In context: Dynamic voltage and frequency scaling (DVFS) is a technique adopted by modern CPUs and graphics chips to manage power and speed, adjusting frequency and voltage “on the fly” to reduce energy consumption and heat generation. With a “Hot Pixels” attack, DVFS becomes yet another channel a (very) resourceful attacker could exploit to steal data and compromise user’s privacy.
Hot Pixels is a new side-channel attack conceived by an international team of researchersposing a theoretical security threat that exploits Dynamic Voltage and Frequency Scaling (DVFS) techniques to “probe analog properties” of computing devices. DVFS is essential in maintaining a delicate balance between power consumption, heat dissipation, and execution speed (i.e., frequency), the researchers explain in their paper. However, it also introduces software-visible hybrid side-channels through which sensitive data can be extracted.
The researchers targeted Arm-based SoC units, Intel CPUs, and discrete GPUs manufactured by AMD and Nvidia, as these are the most prevalent microchips currently available in the market.
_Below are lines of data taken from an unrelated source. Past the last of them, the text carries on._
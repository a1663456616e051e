-- ===== src/Page/Init.antt =====
-- `page_init` of src/page.c leaves a well-formed heap whose bookkeeping pages are one block.
use ducreu_os.Base.{
  ℕ, ◌+◌, ◌-◌, ◌*◌, ◌/◌, ◌%◌, ◌≡◌, ap, ◌∙◌, ◌<◌, ◌≤◌, ◌==◌, ltb, if◌then◌else◌, some, arith,
}
use ducreu_os.Base.Memory.{Mem}
use ducreu_os.Base.Bits.{get_bit, get_bit-zero}
use ducreu_os.Utils.Memory.{memset}
use ducreu_os.Utils.Memory.Fill.{memset-within}
use ducreu_os.Page.{
  is_taken, is_last, set_last, take_pages, page_init, page_size, round_up, total_pages,
}
use ducreu_os.Page.Bitmap.{
  IsBytes, set_last-IsBytes, is_taken-set_last, is_last-set_last, take_pages-IsBytes,
  is_taken-take_pages, is_last-take_pages,
}
use ducreu_os.Page.WellFormed.{IsWellFormed}

module _ (start stop : ℕ) (m : Mem) (bytes : IsBytes m) where
  -- the number of bookkeeping pages
  abbrev pub book : ℕ
  book = round_up (total_pages start stop / 4) / page_size

  abbrev pub cleared : Mem
  cleared = memset m start 0 (total_pages start stop / 4)

  abbrev pub ready : Mem
  ready = set_last (take_pages book cleared start 0) start (book - 1)

  cleared-IsBytes : IsBytes cleared
  cleared-IsBytes a =
      ground (arith, memset-within m start 0 (total_pages start stop / 4) a, bytes a)

  cleared_zero : (q : ℕ) → q / 4 < total_pages start stop / 4 → cleared (start + q / 4) ≡ 0
  cleared_zero q lt =
      ground (arith, memset-within m start 0 (total_pages start stop / 4) (start + q / 4))

  cleared_taken : (q : ℕ) → q / 4 < total_pages start stop / 4 → is_taken cleared start q ≡ 0
  unfolding is_taken
  cleared_taken q lt =
      ap (λ b. get_bit b (2 * (q % 4))) (cleared_zero q lt) ∙ get_bit-zero (2 * (q % 4))

  cleared_last : (q : ℕ) → q / 4 < total_pages start stop / 4 → is_last cleared start q ≡ 0
  unfolding is_last
  cleared_last q lt =
      ap (λ b. get_bit b (2 * (q % 4) + 1)) (cleared_zero q lt) ∙ get_bit-zero (2 * (q % 4) + 1)

  ready_taken :
      (q : ℕ)
      → q / 4 < total_pages start stop / 4
      → is_taken ready start q ≡ (if ltb q book then 1 else 0)
  ready_taken q lt = ground (
    arith,
    cleared_taken q lt,
    is_taken-set_last (take_pages book cleared start 0) start (book - 1) q
        (take_pages-IsBytes book cleared start 0 cleared-IsBytes),
    is_taken-take_pages book cleared start 0 q cleared-IsBytes,
  )

  ready_last :
      (q : ℕ)
      → q / 4 < total_pages start stop / 4
      → is_last ready start q ≡ (if q == book - 1 then 1 else 0)
  ready_last q lt = ground (
    arith,
    cleared_last q lt,
    is_last-set_last (take_pages book cleared start 0) start (book - 1) q
        (take_pages-IsBytes book cleared start 0 cleared-IsBytes),
    is_last-take_pages book cleared start 0 q cleared-IsBytes,
  )

  module _ (big : 4 ≤ total_pages start stop) (even : total_pages start stop % 4 ≡ 0) where
    pub ready-IsWellFormed : IsWellFormed ready start (total_pages start stop)
    ready-IsWellFormed = record {
      bytes =
          set_last-IsBytes (take_pages book cleared start 0) start (book - 1)
            (take_pages-IsBytes book cleared start 0 cleared-IsBytes);
      first_taken = ground (arith, ready_taken 0);
      last_taken = λ p lt e. ground (arith, ready_taken p, ready_last p);
      next_in = λ p lt t e. ground (arith, ready_taken p, ready_last p);
      next_taken = λ p lt t e. ground (arith, ready_taken p, ready_last p, ready_taken (p + 1));
    }

    ready_lem : page_init start stop m ≡ some ready
    unfolding page_init
    ready_lem = ground arith

    -- On a heap of at least four pages, their number a multiple of four, page_init succeeds: the
    -- pages that hold the bits are taken, every other page is free, and the heap is well formed.
    pub page_init-IsWellFormed :
        (m' : Mem) × (page_init start stop m ≡ some m')
        × IsWellFormed m' start (total_pages start stop)
        × ((q : ℕ)
            → q < total_pages start stop
            → is_taken m' start q ≡ (if ltb q book then 1 else 0))
    page_init-IsWellFormed =
        (ready, ready_lem, ready-IsWellFormed, λ q lt. ready_taken q (omega arith))
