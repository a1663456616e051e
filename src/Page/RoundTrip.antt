-- ===== src/Page/RoundTrip.antt =====
-- An allocation of src/page.c that is given back leaves the bits of every page as they were.
use ducreu_os.Base.{ℕ, ◌+◌, ◌-◌, ◌^◌, ◌≡◌, ◌<◌, ◌≤◌, max, arith}
use ducreu_os.Base.Memory.{Mem}
use ducreu_os.Page.{is_taken, is_last, done, page_free, total_pages, page_address}
use ducreu_os.Page.Bitmap.{is_last-lt}
use ducreu_os.Page.WellFormed.{IsWellFormed, Block}
use ducreu_os.Page.Alloc.{Allocated}
use ducreu_os.Page.Free.{FreedFrom, freed, freed-FreedFrom, page_free-Block}

module _ (start stop : ℕ) (m : Mem) (n i : ℕ) (m' : Mem)
    (w : IsWellFormed m start (total_pages start stop)) (a : Allocated start stop m n i m') where
  -- the pages of the allocation are one block
  allocated-Block : Block m' start i (max n 1 - 1)
  allocated-Block = record {
    taken = λ x h. ground (arith, a.taken (i + x), a.run.fits);
    open_ = λ x h. ground (
      arith,
      a.last (i + x),
      a.run.fits,
      a.run.free x,
      w.last_taken (i + x),
      is_last-lt m start (i + x),
    );
    closed = ground (arith, a.last (i + (max n 1 - 1)), a.run.fits);
  }

  allocated_pos : 0 < i
  allocated_pos = ground (arith, w.first_taken, a.run.free 0)

  -- page `i - 1`, if it is taken, was `last` before the allocation
  last_before : is_taken m start (i - 1) ≡ 1 → is_last m start (i - 1) ≡ 1
  last_before t = ground (
    arith,
    allocated_pos,
    w.next_taken (i - 1),
    a.run.free 0,
    a.run.fits,
    is_last-lt m start (i - 1),
  )

  module _ (m'' : Mem) (f : FreedFrom m' start i (max n 1 - 1) m'') (q : ℕ)
      (lt : q < total_pages start stop) where
    taken_restored : is_taken m'' start q ≡ is_taken m start q
    taken_restored = ground (arith, f.taken q, a.taken q lt, a.run.fits, a.run.free (q - i))

    last_restored : is_last m'' start q ≡ is_last m start q
    last_restored = ground (
      arith,
      f.last q,
      a.last q lt,
      a.taken (i - 1),
      a.run.fits,
      allocated_pos,
      last_before,
      a.run.free (q - i),
      w.last_taken q,
      is_last-lt m start q,
    )

  -- The pages that page_znalloc has just handed out can be given back at their address, and then
  -- every page is taken and `last` exactly as before the allocation.
  pub free_alloc :
      total_pages start stop < 2 ^ 31
      → page_address start stop i ≤ stop
      → stop < 2 ^ 64
      → (m'' : Mem) × (page_free start stop m' (page_address start stop i) ≡ done m'')
        × ((q : ℕ)
            → q < total_pages start stop
            → (is_taken m'' start q ≡ is_taken m start q)
              × (is_last m'' start q ≡ is_last m start q))
  free_alloc small le st =
      let f = freed-FreedFrom start stop m' i (max n 1 - 1) a.bytes allocated_pos in
      (
        freed start stop m' i (max n 1 - 1),
        page_free-Block start stop m' i (max n 1 - 1) a.bytes allocated_pos
            (omega (arith, a.run.fits)) le st allocated-Block (omega (arith, a.run.fits)),
        λ q lt. (taken_restored _ f q lt, last_restored _ f q lt),
      )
A side-channel attack is an attack that leverages residual information, which can be extracted due to the inherent operational nature of a computer component, rather than by exploiting specific security flaws in the design.
The team examined the vulnerability of the aforementioned computing devices to information leakage via power, temperature, and frequency values, which can be conveniently read on a local system thanks to the internal sensors embedded in the chips themselves. No admin access is necessary in this case: the data is persistently available, and DVFS values can be manipulated to operate as constants to assist in identifying specific instructions and operations.
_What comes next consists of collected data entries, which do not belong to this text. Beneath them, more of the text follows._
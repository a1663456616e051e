-- ===== src/Page/Tests.antt =====
-- src/page.c on a heap of forty pages at address 0, and the theorems at that heap.
use ducreu_os.Base.{ℕ, ◌+◌, ◌≡◌, refl, ◌<◌, ◌≤◌, ◌⊎◌, ltb, if◌then◌else◌, some, none, arith}
use ducreu_os.Base.Memory.{Mem}
use mathlib.Core.Path.{subst}
use ducreu_os.Base.Bits.{get_bit, or_bit, clear_bit}
use ducreu_os.Utils.Memory.{memset}
use ducreu_os.Page.{
  is_taken, is_last, page_init, page_znalloc, page_free, done, find_run, total_pages, page_address,
  set_taken, set_last, clear_taken, clear_last,
}
use ducreu_os.Page.Bitmap.{IsBytes}
use ducreu_os.Page.Search.{First, FreeRun, find_run-First}
use ducreu_os.Page.WellFormed.{IsWellFormed, Block}
use ducreu_os.Page.Init.{ready, ready-IsWellFormed, page_init-IsWellFormed}
use ducreu_os.Page.Alloc.{
  Allocated, written, written-Allocated, znalloc_cases, znalloc-IsWellFormed, pages_up_to,
  end_address, page_znalloc-overrun,
}
use ducreu_os.Page.Free.{FreedFrom, page_free-FreedFrom}
use ducreu_os.Page.RoundTrip.{free_alloc}

abbrev stop : ℕ
stop = 163840

abbrev blank : Mem
blank a = 0

blank-IsBytes : IsBytes blank
blank-IsBytes a = omega arith

abbrev heap : Mem
heap = ready 0 stop blank blank-IsBytes

heap-IsWellFormed : IsWellFormed heap 0 (total_pages 0 stop)
heap-IsWellFormed = ready-IsWellFormed 0 stop blank blank-IsBytes (omega arith) refl

page_init-IsWellFormed_example :
    (m' : Mem) × (page_init 0 stop blank ≡ some m')
    × IsWellFormed m' 0 40
    × ((q : ℕ) → q < 40 → is_taken m' 0 q ≡ (if ltb q 1 then 1 else 0))
page_init-IsWellFormed_example =
    page_init-IsWellFormed 0 stop blank blank-IsBytes (omega arith) refl

three_pages : find_run 4 heap 0 3 40 0 ≡ some (1, 3)
unfolding page_znalloc is_taken set_taken set_last memset get_bit or_bit
three_pages = refl

-- the heap after an allocation of three pages
abbrev after : Mem
after = written 0 stop heap 3 1 3

First-three : First heap 0 3 40 0 1 3 × (1 < 0 + 4)
First-three = find_run-First 4 heap 0 3 40 0 three_pages

after-Allocated : Allocated 0 stop heap 3 1 after
after-Allocated =
    written-Allocated 0 stop heap 3 1 3 heap-IsWellFormed.bytes heap-IsWellFormed.first_taken
      First-three.0 (omega arith)

three_pages_taken : page_znalloc 0 stop heap 3 ≡ (some 8192, after)
unfolding page_znalloc is_taken set_taken set_last memset get_bit or_bit
three_pages_taken = refl

after-IsWellFormed : IsWellFormed after 0 40
after-IsWellFormed =
    subst (λ r. IsWellFormed r.1 0 40) three_pages_taken
      (znalloc-IsWellFormed 0 stop heap 3 heap-IsWellFormed)

page_two : is_taken after 0 2 ≡ 1
unfolding page_znalloc is_taken set_taken set_last memset get_bit or_bit
page_two = refl

-- Freeing the middle page of the three leaves the first as a block of its own.
cut_short :
    (m' : Mem) × (page_free 0 stop after 12288 ≡ done m')
    × (is_taken m' 0 1 ≡ 1)
    × (is_last m' 0 1 ≡ 1)
    × (is_taken m' 0 2 ≡ 0)
    × (is_taken m' 0 3 ≡ 0)
unfolding page_znalloc page_free is_taken is_last set_taken clear_taken clear_last set_last memset
    get_bit or_bit clear_bit
cut_short = (_, refl, refl, refl, refl, refl)

znalloc_cases_example :
    ((page_znalloc 0 stop heap 3 ≡ (none, heap)) × ((i : ℕ) → i < 4 → ¬ (FreeRun heap 0 3 40 i)))
    ⊎ ((i : ℕ) × (m' : Mem) × (page_znalloc 0 stop heap 3 ≡ (some (page_address 0 stop i), m'))
        × Allocated 0 stop heap 3 i m')
znalloc_cases_example =
    znalloc_cases 0 stop heap 3 heap-IsWellFormed.bytes heap-IsWellFormed.first_taken

-- Pages 1 to 39 are free: a request for all of them succeeds, and ends behind the heap.
all_pages : find_run 4 heap 0 39 40 0 ≡ some (1, 39)
unfolding page_znalloc is_taken set_taken set_last memset get_bit or_bit
all_pages = refl

all_pages_end : stop < end_address 0 stop 39 1
all_pages_end = omega arith

page_znalloc-overrun_example :
    (page_znalloc 0 stop heap 39 ≡ (none, heap))
    ⊎ ((i : ℕ) × (m' : Mem) × (page_znalloc 0 stop heap 39 ≡ (some (page_address 0 stop i), m'))
        × (0 < i)
        × (pages_up_to 0 stop 39 i ≤ 40 → end_address 0 stop 39 i ≤ stop)
        × (40 < pages_up_to 0 stop 39 i
            → (stop < end_address 0 stop 39 i)
              × ((a : ℕ) → stop ≤ a → a < end_address 0 stop 39 i → m' a ≡ 0)))
page_znalloc-overrun_example =
    page_znalloc-overrun 0 stop 39 heap (omega arith) heap-IsWellFormed.bytes
      heap-IsWellFormed.first_taken

page_free-FreedFrom_example :
    (k : ℕ) × (m' : Mem) × Block after 0 2 k
    × (page_free 0 stop after (page_address 0 stop 2) ≡ done m')
    × FreedFrom after 0 2 k m'
    × IsWellFormed m' 0 40
page_free-FreedFrom_example =
    page_free-FreedFrom 0 stop after 2 after-IsWellFormed (omega arith) (omega arith) (omega arith)
      (omega arith) (omega arith) page_two

free_alloc_example :
    (m'' : Mem) × (page_free 0 stop after (page_address 0 stop 1) ≡ done m'')
    × ((q : ℕ)
        → q < 40
        → (is_taken m'' 0 q ≡ is_taken heap 0 q) × (is_last m'' 0 q ≡ is_last heap 0 q))
free_alloc_example =
    free_alloc 0 stop heap 3 1 after heap-IsWellFormed after-Allocated (omega arith) (omega arith)
      (omega arith)
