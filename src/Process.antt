-- ===== src/Process.antt =====
-- The process lists of src/process.c, which the scheduler keeps: a doubly linked list of process
-- pointers, sorted by `vruntime`. A node holds a process, and its `next` and `prev`. `vruntime` is
-- the field of the process at each address; the allocator's part is an address, `fresh`, for the
-- node that `kmalloc` returns and a node whose memory is `release`d by `kfree`. Loops run on fuel.
pub mod Lists
pub mod Insert
pub mod Place
pub mod Remove
pub mod Unlink
pub mod Order
mod Tests
use ducreu_os.Base.{ℕ, zero, suc, ◌+◌, ◌==◌, leb, if◌then◌else◌, true, false}
use ducreu_os.Base.Linked.{
  Cmd, pure, fault, ◌>>=◌, ◌>>◌, load, set_item, set_next, set_prev, release,
}

-- `process_llist_node_start_t`
pub record ProcessList : Type 0 where
  pub head : ℕ
  pub mutex : ℕ

abbrev pub mutex_locked : ℕ
mutex_locked = 0

abbrev pub mutex_unlocked : ℕ
mutex_unlocked = 1

-- `mutex_wait` and `mutex_post` on the list's own mutex
abbrev pub wait : ProcessList → Cmd ℕ ProcessList
wait pl = if pl.mutex == mutex_locked then fault else pure (record pl { mutex = mutex_locked })

abbrev pub post : ProcessList → ProcessList
post pl = record pl { mutex = mutex_unlocked }

-- the node that holds a process, or NULL
pub find_process : ℕ → ℕ → ℕ → Cmd ℕ ℕ
find_process zero remove n = fault
find_process (suc k) remove n =
    if n == 0
    then pure 0
    else do c ← load n; if c.item == remove then pure n else find_process k remove c.next

-- the two pointers around the node are led past it
pub unlink : ProcessList → ℕ → Cmd ℕ ProcessList
unlink pl n = do
  c ← load n
  pl' ←
      (if c.prev == 0
        then pure (record pl { head = c.next })
        else (do set_next c.prev c.next; pure pl))
  c' ← load n
  (if c'.next == 0 then pure tt else set_prev c'.next c'.prev)
  pure pl'

pub process_remove : ℕ → ProcessList → ℕ → Cmd ℕ ProcessList
unfolding find_process unlink
process_remove fuel pl₀ remove = do
  pl ← wait pl₀
  n ← find_process fuel remove pl.head
  if n == 0 then pure (post pl) else (do pl' ← unlink pl n; release n; pure (post pl'))

-- the process of the first node, or NULL
pub process_remove_lowest : ProcessList → Cmd ℕ (ℕ × ProcessList)
process_remove_lowest pl₀ = do
  pl ← wait pl₀
  if pl.head == 0 then pure (0, post pl) else (do
    c ← load pl.head
    (if c.next == 0 then pure tt else set_prev c.next 0)
    c' ← load pl.head
    release pl.head
    pure (c'.item, post (record pl { head = c.next })))

-- `for(l = start; l->next != NULL; l = l->next)`
pub find_end : ℕ → ℕ → Cmd ℕ ℕ
find_end zero l = fault
find_end (suc k) l = do c ← load l; if c.next == 0 then pure l else find_end k c.next

pub insert_first : ProcessList → ℕ → ℕ → Cmd ℕ ProcessList
insert_first pl new l = do
  set_prev l new
  set_next new l
  set_prev new 0
  pure (record pl { head = new })

pub insert_middle : ℕ → ℕ → Cmd ℕ (Unit {0})
insert_middle new l = do
  c ← load l
  set_next c.prev new
  set_prev l new
  set_next new l
  set_prev new c.prev

pub insert_last : ℕ → ℕ → ℕ → Cmd ℕ (Unit {0})
insert_last fuel new start = do
  l ← find_end fuel start
  set_next l new
  set_prev new l
  set_next new 0

module _ (vruntime : ℕ → ℕ) where
  -- `for(; l != NULL; l = l->next)` up to the first process that is not ahead of `p`
  pub find_place : ℕ → ℕ → ℕ → Cmd ℕ ℕ
  find_place zero p l = fault
  find_place (suc k) p l = if l == 0 then pure 0 else do
    c ← load l
    if leb (vruntime p) (vruntime c.item) then pure l else find_place k p c.next

  pub insert_behind : ℕ → ℕ → ℕ → ℕ → Cmd ℕ (Unit {0})
  insert_behind fuel p new start = do
    c ← load start
    l ← find_place fuel p c.next
    if l == 0 then insert_last fuel new start else insert_middle new l

  pub process_insert : ℕ → ℕ → ProcessList → ℕ → Cmd ℕ ProcessList
  unfolding insert_first insert_behind insert_middle insert_last find_place find_end
  process_insert fuel fresh pl₀ p = if p == 0 then pure pl₀ else do
    pl ← wait pl₀
    set_item fresh p
    if pl.head == 0
        then (do set_next fresh 0; set_prev fresh 0; pure (post (record pl { head = fresh })))
        else (do
          c ← load pl.head
          if leb (vruntime p) (vruntime c.item)
              then (do pl' ← insert_first pl fresh pl.head; pure (post pl'))
              else (do insert_behind fuel p fresh pl.head; pure (post pl)))

pub process_llist_len : ℕ → ℕ → Cmd ℕ ℕ
process_llist_len zero l = fault
process_llist_len (suc k) l =
    if l == 0 then pure 0 else do c ← load l; n ← process_llist_len k c.next; pure (n + 1)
In their experiments with DVFS readings, the researchers discovered that passively-cooled processors (like Arm chips used in smartphones) can leak information via power and frequency readings. Conversely, actively-cooled processors, such as desktop CPUs and GPUs, can leak information through temperature and power readings.
The “Hot Pixels” attacks were thus designed as a practical demonstration of the DVFS-related issue. This includes a JavaScript-based pixel stealing proof-of-concept technique, history-sniffing attacks, and website fingerprinting attacks. The researchers targeted the latest versions of Chrome and Safari web browsers, with all side-channel protections enabled and standard “user” access privileges.
The attacks could discern the color of the pixels displayed on the target’s screen through CPU frequency leakage. They achieve this by employing Scalable Vector Graphics (SVG) filters to induce data-dependent execution on the target CPU or GPU, then using JavaScript to measure the computation time and frequency to infer the pixel color.
The accuracy of these measurements ranges between 60% and 94%, while the time required to identify each pixel varies between 8.1 and 22.4 seconds. The AMD Radeon RX 6600 GPU appears to be the most vulnerable device to “Hot Pixels” attacks, while Apple SoCs (M1, M2) seem to be the most secure.
In Safari, which restricts cookie transmission on iframe elements that don’t share the same origin as the parent page, researchers had to employ more creative strategies. Apple’s browser is susceptible to a sub-type of the “Hot Pixels” attack, which can infringe on the user’s privacy by extracting browsing history. In this case, the SVG filtering technique is used to detect the differing color of a previously visited URL, achieving a higher level of accuracy ranging from 88.8% (MacBook Air M1) to 99.3% (iPhone 13).
The researchers have already reported the “Hot Pixels” issue to Intel, AMD, Nvidia, and other affected companies. However, an effective countermeasure against this new and complex type of side-channel attacks does not exist yet. Users need not be overly concerned for the time being, as the current speed limit for data exfiltration is a mere 0.1 bits per second, even though this could be “optimized” with further research.